### [Dataset content]
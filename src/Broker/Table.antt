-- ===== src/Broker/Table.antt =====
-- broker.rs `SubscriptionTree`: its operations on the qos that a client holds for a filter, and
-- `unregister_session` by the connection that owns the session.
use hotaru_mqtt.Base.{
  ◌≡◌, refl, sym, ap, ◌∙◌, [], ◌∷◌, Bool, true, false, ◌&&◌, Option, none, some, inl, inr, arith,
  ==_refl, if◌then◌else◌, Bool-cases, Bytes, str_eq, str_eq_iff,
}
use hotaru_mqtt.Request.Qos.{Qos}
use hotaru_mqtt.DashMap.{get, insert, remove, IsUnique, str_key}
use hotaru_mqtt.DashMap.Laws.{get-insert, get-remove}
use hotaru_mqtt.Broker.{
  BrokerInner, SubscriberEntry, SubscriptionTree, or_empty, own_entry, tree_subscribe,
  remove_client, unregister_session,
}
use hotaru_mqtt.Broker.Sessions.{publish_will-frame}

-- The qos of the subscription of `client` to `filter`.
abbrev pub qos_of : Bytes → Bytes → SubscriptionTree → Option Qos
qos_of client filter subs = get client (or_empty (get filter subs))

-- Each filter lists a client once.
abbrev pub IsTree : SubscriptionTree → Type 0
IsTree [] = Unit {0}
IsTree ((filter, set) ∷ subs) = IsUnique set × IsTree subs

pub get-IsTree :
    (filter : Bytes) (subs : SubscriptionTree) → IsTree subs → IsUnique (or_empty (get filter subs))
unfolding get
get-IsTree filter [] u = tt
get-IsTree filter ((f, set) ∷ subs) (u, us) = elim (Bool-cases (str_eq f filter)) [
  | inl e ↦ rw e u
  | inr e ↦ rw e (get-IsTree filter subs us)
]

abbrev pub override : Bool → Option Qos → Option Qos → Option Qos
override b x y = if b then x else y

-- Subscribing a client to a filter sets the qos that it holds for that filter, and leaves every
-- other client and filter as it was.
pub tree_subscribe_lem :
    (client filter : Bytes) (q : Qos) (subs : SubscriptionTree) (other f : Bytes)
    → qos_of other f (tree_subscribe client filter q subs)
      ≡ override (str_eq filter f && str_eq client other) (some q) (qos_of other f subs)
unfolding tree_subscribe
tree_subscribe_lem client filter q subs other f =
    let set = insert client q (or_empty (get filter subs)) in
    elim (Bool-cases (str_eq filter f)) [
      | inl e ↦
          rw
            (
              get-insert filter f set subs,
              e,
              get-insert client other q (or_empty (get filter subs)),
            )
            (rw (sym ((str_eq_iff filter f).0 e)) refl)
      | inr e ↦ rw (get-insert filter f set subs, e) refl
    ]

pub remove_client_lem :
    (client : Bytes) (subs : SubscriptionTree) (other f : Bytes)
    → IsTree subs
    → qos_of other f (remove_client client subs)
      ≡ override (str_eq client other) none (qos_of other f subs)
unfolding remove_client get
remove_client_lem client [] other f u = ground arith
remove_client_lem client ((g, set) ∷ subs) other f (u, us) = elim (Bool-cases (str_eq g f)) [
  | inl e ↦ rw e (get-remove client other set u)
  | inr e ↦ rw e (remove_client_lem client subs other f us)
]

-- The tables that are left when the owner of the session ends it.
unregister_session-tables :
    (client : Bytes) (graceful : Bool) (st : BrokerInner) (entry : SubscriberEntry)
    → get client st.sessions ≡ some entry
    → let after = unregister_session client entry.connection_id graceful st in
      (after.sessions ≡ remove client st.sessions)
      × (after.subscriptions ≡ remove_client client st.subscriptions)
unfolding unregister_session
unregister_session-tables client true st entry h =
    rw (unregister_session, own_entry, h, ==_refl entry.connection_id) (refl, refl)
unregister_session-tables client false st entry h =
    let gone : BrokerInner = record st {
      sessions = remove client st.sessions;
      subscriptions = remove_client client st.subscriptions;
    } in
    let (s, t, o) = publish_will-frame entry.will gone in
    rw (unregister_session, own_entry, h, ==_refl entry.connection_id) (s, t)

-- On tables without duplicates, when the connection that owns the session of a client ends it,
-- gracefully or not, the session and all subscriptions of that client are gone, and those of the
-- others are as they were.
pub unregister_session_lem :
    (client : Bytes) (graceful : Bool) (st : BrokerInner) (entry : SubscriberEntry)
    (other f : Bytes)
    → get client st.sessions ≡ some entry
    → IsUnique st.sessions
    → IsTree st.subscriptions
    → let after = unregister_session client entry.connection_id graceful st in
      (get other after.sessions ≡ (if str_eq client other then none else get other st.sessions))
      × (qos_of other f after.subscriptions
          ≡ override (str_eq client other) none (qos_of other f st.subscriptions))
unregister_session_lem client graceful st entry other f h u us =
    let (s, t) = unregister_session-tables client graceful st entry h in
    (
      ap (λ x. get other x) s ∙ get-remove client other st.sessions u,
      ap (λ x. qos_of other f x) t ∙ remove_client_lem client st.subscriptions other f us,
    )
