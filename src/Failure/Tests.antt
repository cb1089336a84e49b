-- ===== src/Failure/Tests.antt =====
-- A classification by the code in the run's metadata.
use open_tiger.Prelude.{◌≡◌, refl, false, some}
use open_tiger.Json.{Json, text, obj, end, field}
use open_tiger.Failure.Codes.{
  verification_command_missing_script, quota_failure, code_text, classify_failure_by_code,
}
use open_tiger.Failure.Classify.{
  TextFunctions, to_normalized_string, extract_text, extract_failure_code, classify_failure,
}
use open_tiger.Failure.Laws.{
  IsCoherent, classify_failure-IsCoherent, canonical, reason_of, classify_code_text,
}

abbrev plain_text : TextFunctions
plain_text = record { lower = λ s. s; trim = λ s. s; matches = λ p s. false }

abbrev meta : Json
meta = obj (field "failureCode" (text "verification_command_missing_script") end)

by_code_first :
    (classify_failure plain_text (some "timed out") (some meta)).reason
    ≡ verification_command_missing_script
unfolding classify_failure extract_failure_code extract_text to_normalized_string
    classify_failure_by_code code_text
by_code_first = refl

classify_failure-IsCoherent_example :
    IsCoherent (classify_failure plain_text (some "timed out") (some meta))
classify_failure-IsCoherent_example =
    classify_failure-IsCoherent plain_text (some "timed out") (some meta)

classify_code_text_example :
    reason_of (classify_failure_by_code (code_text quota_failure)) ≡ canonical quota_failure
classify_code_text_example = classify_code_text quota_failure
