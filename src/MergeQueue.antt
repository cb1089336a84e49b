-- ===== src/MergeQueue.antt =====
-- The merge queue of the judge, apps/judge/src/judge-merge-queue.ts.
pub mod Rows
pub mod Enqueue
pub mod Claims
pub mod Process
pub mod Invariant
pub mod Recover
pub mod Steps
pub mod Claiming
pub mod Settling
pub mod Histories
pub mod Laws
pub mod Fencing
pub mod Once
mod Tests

### [Action item]
Within the material, how many lines hold the word "tables"? Only the number is needed.

### [Written solution]
6